(Dataset entries)

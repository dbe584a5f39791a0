-- ===== src/Catalog.antt =====
-- The filter that builds the OpenWrt PXE client catalog from the inventory.
pub mod Merge
pub mod Scalars
pub mod Legacy
pub mod Keys
pub mod Storage
pub mod NodeVars
pub mod Client
pub mod Roles
pub mod Build
mod Tests
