-- ===== src/Catalog/Merge.antt =====
-- `_merge_nested_mapping` and `_mapping_legacy_mismatches` of the catalog filter: group variables
-- that come from several places are joined, and what disagrees is reported.
pub mod Laws
pub mod Overlay
use homecluster_infra.Base.{
  String, Bool, true, false, Option, none, some, List, [], ◌∷◌, ◌++◌, join, if◌then◌else◌,
}
use homecluster_infra.Value.{Value, dict, str, Fields, end, field, lookup, set, value_eq}

-- `{"path": ".".join(current_path)}`
abbrev pub conflict : List String → Value
conflict path = dict (field "path" (str (join "." path)) end)

-- What an overlay value does to a value that is there already, when not both are dicts.
abbrev pub leaf_conflict : Value → Value → List String → List Value
leaf_conflict current value path = if value_eq current value then [] else conflict path ∷ []

-- A key that both sides have: dicts are merged by `nested`, and any other current value stays.
unfoldable pub both :
    (Fields → Fields × List Value)
    → Fields
    → String
    → Value
    → Value
    → List String
    → Fields × List Value
both nested merged key (dict inner) (dict value) path =
    let child = nested inner in (set key (dict child.0) merged, child.1)
both nested merged key current value path = (merged, leaf_conflict current value path)

-- One round of the loop over `overlay.items()`: the new `merged`, and the conflicts of the key.
unfoldable pub entry :
    (Fields → Fields × List Value) → Fields → String → Value → List String → Fields × List Value
unfolding both
entry nested merged key value path = elim (lookup key merged) [
  | none ↦ (set key value merged, [])
  | some current ↦ both nested merged key current value path
]

-- `_merge_nested_mapping`, with `base` copied to `merged`.
unfoldable pub merge : Fields → Fields → List String → Fields × List Value
unfolding entry
merge merged end path = (merged, [])
merge merged (field key (dict value) rest) path =
    let current_path = path ++ key ∷ [] in
    let step =
      entry (λ inner. merge inner value current_path) merged key (dict value) current_path in
    let more = merge step.0 rest path in (more.0, step.1 ++ more.1)
merge merged (field key value rest) path =
    let step = entry (λ inner. (inner, [])) merged key value (path ++ key ∷ []) in
    let more = merge step.0 rest path in (more.0, step.1 ++ more.1)

-- `_merge_nested_mapping(base, overlay)`, at the empty path.
abbrev pub merge_nested_mapping : Fields → Fields → Fields × List Value
merge_nested_mapping base overlay = merge base overlay []

abbrev mismatch : String → String → Value
mismatch key kind = dict (field "key" (str key) (field "type" (str kind) end))

unfoldable pub mapping_legacy_mismatches : Fields → Fields → List Value
mapping_legacy_mismatches end generated = []
mapping_legacy_mismatches (field key legacy_value rest) generated =
    let more = mapping_legacy_mismatches rest generated in
    elim (lookup key generated) [
      | none ↦ mismatch key "missing_generated" ∷ more
      | some value ↦
          if value_eq value legacy_value then more else mismatch key "different_value" ∷ more
    ]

◆ **What you should do**: The entries above must be output exactly, with every line preserved.

◆ **Reply to the task**:
repository dbe584a5f39791a0
-- ===== src/Catalog.antt =====
-- The filter that builds the OpenWrt PXE client catalog from the inventory.
pub mod Merge
pub mod Scalars
pub mod Legacy
pub mod Keys
pub mod Storage
pub mod NodeVars
pub mod Client
pub mod Roles
pub mod Build
mod Tests
-- ===== src/Catalog/Merge.antt =====
-- `_merge_nested_mapping` and `_mapping_legacy_mismatches` of the catalog filter: group variables
-- that come from several places are joined, and what disagrees is reported.
pub mod Laws
pub mod Overlay
use homecluster_infra.Base.{
  String, Bool, true, false, Option, none, some, List, [], ◌∷◌, ◌++◌, join, if◌then◌else◌,
}
use homecluster_infra.Value.{Value, dict, str, Fields, end, field, lookup, set, value_eq}

-- `{"path": ".".join(current_path)}`
abbrev pub conflict : List String → Value
conflict path = dict (field "path" (str (join "." path)) end)

-- What an overlay value does to a value that is there already, when not both are dicts.
abbrev pub leaf_conflict : Value → Value → List String → List Value
leaf_conflict current value path = if value_eq current value then [] else conflict path ∷ []

-- A key that both sides have: dicts are merged by `nested`, and any other current value stays.
unfoldable pub both :
    (Fields → Fields × List Value)
    → Fields
    → String
    → Value
    → Value
    → List String
    → Fields × List Value
both nested merged key (dict inner) (dict value) path =
    let child = nested inner in (set key (dict child.0) merged, child.1)
both nested merged key current value path = (merged, leaf_conflict current value path)

-- One round of the loop over `overlay.items()`: the new `merged`, and the conflicts of the key.
unfoldable pub entry :
    (Fields → Fields × List Value) → Fields → String → Value → List String → Fields × List Value
unfolding both
entry nested merged key value path = elim (lookup key merged) [
  | none ↦ (set key value merged, [])
  | some current ↦ both nested merged key current value path
]

-- `_merge_nested_mapping`, with `base` copied to `merged`.
unfoldable pub merge : Fields → Fields → List String → Fields × List Value
unfolding entry
merge merged end path = (merged, [])
merge merged (field key (dict value) rest) path =
    let current_path = path ++ key ∷ [] in
    let step =
      entry (λ inner. merge inner value current_path) merged key (dict value) current_path in
    let more = merge step.0 rest path in (more.0, step.1 ++ more.1)
merge merged (field key value rest) path =
    let step = entry (λ inner. (inner, [])) merged key value (path ++ key ∷ []) in
    let more = merge step.0 rest path in (more.0, step.1 ++ more.1)

-- `_merge_nested_mapping(base, overlay)`, at the empty path.
abbrev pub merge_nested_mapping : Fields → Fields → Fields × List Value
merge_nested_mapping base overlay = merge base overlay []

abbrev mismatch : String → String → Value
mismatch key kind = dict (field "key" (str key) (field "type" (str kind) end))

unfoldable pub mapping_legacy_mismatches : Fields → Fields → List Value
mapping_legacy_mismatches end generated = []
mapping_legacy_mismatches (field key legacy_value rest) generated =
    let more = mapping_legacy_mismatches rest generated in
    elim (lookup key generated) [
      | none ↦ mismatch key "missing_generated" ∷ more
      | some value ↦
          if value_eq value legacy_value then more else mismatch key "different_value" ∷ more
    ]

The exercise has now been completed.